En effet, il est un âge où faire du rock et incarner la rage doit épuiser considérablement, et les plus grandes icônes mettent ainsi souvent du folk ou du blues dans leurs guitares. Ça tombe bien, puisqu'Iggy Pop fut batteur dans un groupe de blues, The Prime Movers, avant d'intégrer les Stooges. Préliminaires est donc un projet qui lui tient à coeur et qui peut constituer pour lui une porte de sortie, si toutefois l'opération s'avère concluante. Verdict ?
Mitigé. L'entrée dans l'album est peu rassurante. On a presque envie de rire lorsqu'on imagine Iggy faire son crooner dès l'introduction de "Les Feuilles Mortes". Premièrement parce qu'on n'a pas l'habitude de le voir dans ce registre, mais aussi à cause des paroles ringardes et trop répétitives du morceau qui sert de préliminaires à cet album : Toi qui m'aimais / Et je t'aimais / Nous vivions tous / les deux ensembles / Toi qui m'aimais / Moi qui t'aimais / Mais la vie séparait / Ceux qui s'aimaient. On est quand même loin des réflexions houellebecquiennes sur les rapports hommes/femmes...
"I Want To Go To The Beach" est un peu dans la même veine, avec une mélodie plus immédiate, et l'on se prend alors à penser à Gainsbourg, aux années 70 et à trouver que la sincérité de son interprétation est assez touchante.

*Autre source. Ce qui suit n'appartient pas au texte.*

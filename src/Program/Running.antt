-- ===== src/Program/Running.antt =====
-- A round account of programs/mirror-pool-program under sequences of calls of `dispatch`, each at a
-- slot of its own.
use mathlib.Core.Path.{subst}
use mirror_pool.Prelude.{
  ℕ, ◌≤◌, ◌≡◌, ◌⊎◌, inl, inr, List, [], ◌∷◌, Bytes, ok, refl, sym, ap, ◌∙◌, bytes_decide,
  ok-injective, false, ◌+◌,
}
use mirror_pool.Program.Runtime.{
  Pubkey, Backend, PoolAccount, RoundAccount, CoordinationInstruction, open_round,
  register_transparent, begin_execution_window, AccountInfo, Bank, Codec, Host, read_account,
}
use mirror_pool.Program.Handlers.{count_participant}
use mirror_pool.Program.Admin.{dispatch}
use mirror_pool.Program.Effects.{RoundTrips, read_account-local}
use mirror_pool.Program.Refinement.{Applies}
use mirror_pool.Program.Dispatch.{IsAdmin, dispatch-Effect, begin-Applies}
use mirror_pool.Program.Opening.{new_round-IsOpened, open_round-Opening}
use mirror_pool.Program.Registering.{register-Registration}
use mirror_pool.Program.Life.{
  Step, instructed, Reach, here, next, WellFormed, Reach-WellFormed, rank, Fixed, Reach-Fixed,
}

-- The runtime at a slot.
abbrev pub at_slot : Host → ℕ → Host
at_slot h now = record h { clock_slot = ok now }

-- The calls that a round under `key` is followed through: an authority's instruction on any accounts,
-- the opening of any window, and a registration in this round. Closing is not among them.
pub data IsFollowed (key : Pubkey) : List AccountInfo → CoordinationInstruction → Type 0 where
  by_authority :
      (accounts : List AccountInfo) (i : CoordinationInstruction)
      → IsAdmin i
      → IsFollowed key accounts i
  by_anyone : (accounts : List AccountInfo) → IsFollowed key accounts begin_execution_window
  by_participant :
      (payer pool_info round_info : AccountInfo) (rest : List AccountInfo)
      (coordination_key : Bytes) (bump : ℕ)
      → round_info.key ≡ key
      → IsFollowed key
          (payer ∷ pool_info ∷ round_info ∷ rest)
          (register_transparent coordination_key bump)

-- From `b` to the last bank by such calls, which all succeed, and by whatever else leaves the account
-- of the round as it is.
pub data Calls (h : Host) (program_id key : Pubkey) (b : Bank) : Bank → Type 0 where
  none_yet : Calls h program_id key b b
  then_call :
      {b₁ b₂ : Bank} (now : ℕ) (accounts : List AccountInfo) (i : CoordinationInstruction)
      → Calls h program_id key b b₁
      → IsFollowed key accounts i
      → dispatch (at_slot h now) b₁ program_id accounts i ≡ ok b₂
      → Calls h program_id key b b₂
  then_elsewhere :
      {b₁ b₂ : Bank} → Calls h program_id key b b₁ → b₂ key ≡ b₁ key → Calls h program_id key b b₂

-- The key of the third account.
abbrev third_key : List AccountInfo → Pubkey
third_key (_ ∷ _ ∷ info ∷ _) = info.key
third_key _ = []

-- `BeginExecutionWindow` looks at no pool, so any will do.
abbrev some_pool : PoolAccount
some_pool = record {
  version = 1;
  bump = 0;
  authority = [];
  pool_id = [];
  template_hash = [];
  min_participants = 2;
  max_participants = 2;
  min_release_delay = 0;
  max_release_delay = 0;
  execution_window = 1;
  backend = Backend.merkle_cohort;
  next_round = 0;
  paused = false;
}

read_account-key :
    {T : Type 0} (c : Codec T) (b : Bank) (i j : AccountInfo)
    → i.key ≡ j.key
    → read_account c b i ≡ read_account c b j
unfolding read_account
read_account-key c b i j same = rw same

module _ (h : Host) (law : RoundTrips h.rounds) (pools_law : RoundTrips h.pools)
    (participants_law : RoundTrips h.participants) (program_id : Pubkey)
    (round_info : AccountInfo) where
  -- The round of the account in a bank.
  abbrev pub Holds : Bank → RoundAccount → Type 0
  Holds b r = read_account h.rounds b round_info ≡ ok r

  -- A call moved the round by one step at most.
  abbrev Moves : Bank → RoundAccount → Type 0
  Moves b' r = (r' : RoundAccount) × Holds b' r' × ((r' ≡ r) ⊎ Step r r')

  applied-Moves :
      (b b' : Bank) (info : AccountInfo) (now : ℕ) (pool : PoolAccount) (r s s' : RoundAccount)
      (i : CoordinationInstruction)
      → Holds b r
      → Applies (at_slot h now) b b' info now pool s s' i
      → Moves b' r
  applied-Moves b b' info now pool r s s' i held a = elim (bytes_decide round_info.key info.key) [
    | inl same ↦
        let was : s ≡ r =
          ok-injective
            (sym a.before ∙ read_account-key h.rounds b info round_info (sym same) ∙ held) in
        (
          s',
          read_account-key h.rounds b' round_info info same ∙ a.after.reads,
          inr (instructed now pool i (rw (← was) a.permitted)),
        )
    | inr other ↦ (
      r,
      read_account-local h.rounds b b' round_info (a.after.others round_info.key other) ∙ held,
      inl refl,
    )
  ]

  called-Moves :
      (b b' : Bank) (now : ℕ) (accounts : List AccountInfo) (i : CoordinationInstruction)
      (r : RoundAccount)
      → Holds b r
      → IsFollowed round_info.key accounts i
      → dispatch (at_slot h now) b program_id accounts i ≡ ok b'
      → Moves b' r
  unfolding dispatch
  called-Moves b b' now accounts i r held (by_authority _ _ admin) e =
      let effect = dispatch-Effect (at_slot h now) law b program_id accounts now i admin refl e in
      applied-Moves b b' effect.round_info now effect.pool r effect.r effect.r' i held
        effect.applies
  called-Moves b b' now accounts i r held (by_anyone _) e =
      let (info, _, s, s', _, _, applies) =
        begin-Applies (at_slot h now) law b program_id accounts now some_pool refl e in
      applied-Moves b b' info now some_pool r s s' begin_execution_window held applies
  called-Moves b b' now accounts i r held
        (by_participant payer pool_info info rest coordination_key bump same) e =
      let (_, _, round, _, _, _, pool, s, named, _, _, _, _, read, done) =
        register-Registration (at_slot h now) law participants_law b program_id accounts
          coordination_key bump now refl e in
      let there : round.key ≡ round_info.key = ap third_key (sym named) ∙ same in
      let was : s ≡ r =
        ok-injective (sym read ∙ read_account-key h.rounds b round round_info there ∙ held) in
      (
        count_participant pool s (s.accepted_count + 1),
        read_account-key h.rounds b' round_info round (sym there) ∙ done.counted,
        inr (
            subst (λ r. Step r (count_participant pool s (s.accepted_count + 1))) was
              done.one_step),
      )

  -- The steps that a sequence of calls took the round through.
  pub Calls-Reach :
      {b b' : Bank} (r : RoundAccount)
      → Holds b r
      → Calls h program_id round_info.key b b'
      → (r' : RoundAccount) × Holds b' r' × Reach r r'
  Calls-Reach r held none_yet = (r, held, here)
  Calls-Reach r held (then_call now accounts i calls followed e) =
      let (s, held_s, reached) = Calls-Reach r held calls in
      let (t, held_t, moved) = called-Moves _ _ now accounts i s held_s followed e in
      (
        t,
        held_t,
        elim moved [
          | inl same ↦ subst (λ t. Reach r t) (sym same) reached
          | inr step ↦ next reached step
        ],
      )
  Calls-Reach r held (then_elsewhere calls same) =
      let (s, held_s, reached) = Calls-Reach r held calls in
      (s, read_account-local h.rounds _ _ round_info same ∙ held_s, reached)

  -- A round was opened by a call of `dispatch` that succeeded, and this was followed by any calls
  -- of an authority's instructions but close on any accounts, openings of windows and registrations
  -- in this round that succeed, at any slots, and whatever else leaves its account as it is: the
  -- account of the round holds a round that is never Finalizing or Expired, has no window before it
  -- is scheduled and one that ends at a `u64` not before it starts after, and holds a nonzero
  -- metrics hash exactly if it is completed. borsh is assumed to read pools, rounds and records
  -- back.
  pub opened-WellFormed :
      (b : Bank) {b₁ b' : Bank} (authority pool_info system_info : AccountInfo)
      (round_id deadline : ℕ) (template : Bytes) (bump now : ℕ)
      → dispatch
          (at_slot h now)
          b
          program_id
          (authority ∷ pool_info ∷ round_info ∷ system_info ∷ [])
          (open_round round_id deadline template bump)
        ≡ ok b₁
      → Calls h program_id round_info.key b₁ b'
      → (r : RoundAccount) × Holds b' r × WellFormed r
  unfolding dispatch
  opened-WellFormed b {b₁} authority pool_info system_info round_id deadline template bump now e
        calls =
      let (_, pool, round, _, _, _, named, _, _, _, opening) =
        open_round-Opening (at_slot h now) pools_law law b program_id
          (authority ∷ pool_info ∷ round_info ∷ system_info ∷ []) round_id deadline template bump
          now refl e in
      let held =
        read_account-key h.rounds b₁ round_info round (ap third_key named) ∙ opening.opened.reads in
      let (r, holds, reached) = Calls-Reach _ held calls in
      (
        r,
        holds,
        Reach-WellFormed (new_round-IsOpened pool.key round_id deadline template bump) reached,
      )

  -- From sealing on, any calls of an authority's instructions but close on any accounts, openings of
  -- windows and registrations in this round that succeed, at any slots, and whatever else leaves its
  -- account as it is, leave in the account a round with the same root, count, pool and identifier, in a
  -- state not before Sealed. borsh is assumed to read rounds and records back.
  pub calls-Fixed :
      {b b' : Bank} (r : RoundAccount)
      → Holds b r
      → 2 ≤ rank r.state
      → Calls h program_id round_info.key b b'
      → (r' : RoundAccount) × Holds b' r' × Fixed r r'
  calls-Fixed r held late calls =
      let (r', holds, reached) = Calls-Reach r held calls in (r', holds, Reach-Fixed reached late)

On retrouve toutefois un Iggy bien plus à l'aise sur "King Of The Dogs", le single évident de cet album, plus entraînant que les autres morceaux. Un swing à la Cab Calloway nourrit des paroles fantasques qui parle de Fox, le chien blanc issu du roman de Houellebecq. Il faut croire que les chiens sont un sujet qui inspire fortement l'iguane, puisque le Floydien "A Machine For Loving" (la machine en question étant le chien) tire le meilleur parti de sa voix. On retrouve aussi un Iggy en forme sur le peu original mais fort bienvenu "Nice To Be Dead", qui rappelle les meilleurs moments des Stooges, en un peu plus mou toutefois.
Préliminaires n'est certainement pas son pire album mais on pouvait espérer quelque chose de plus prenant venant de la part d'un monstre sacré comme Iggy Pop, qui entretenait une passion pour le blues sans trop avoir pu l'exprimer dans sa carrière. L'album regroupe des styles très variés tels que la country, la soul, le jazz, et bien sûr le rock, mais les morceaux sont presque toujours mous du gland, et la voix de stentor junky d'Iggy n'est pas assez lisse et conformiste pour faire de lui un bon crooner. C'est un peu comme voir un hippie avec un smoking, c'est élégant mais on sait que ça irait mieux à quelqu'un d'autre. A écouter quand même, juste pour se faire une idée et pour les quelques bonnes surprises qui parsèment tout de même ces Préliminaires.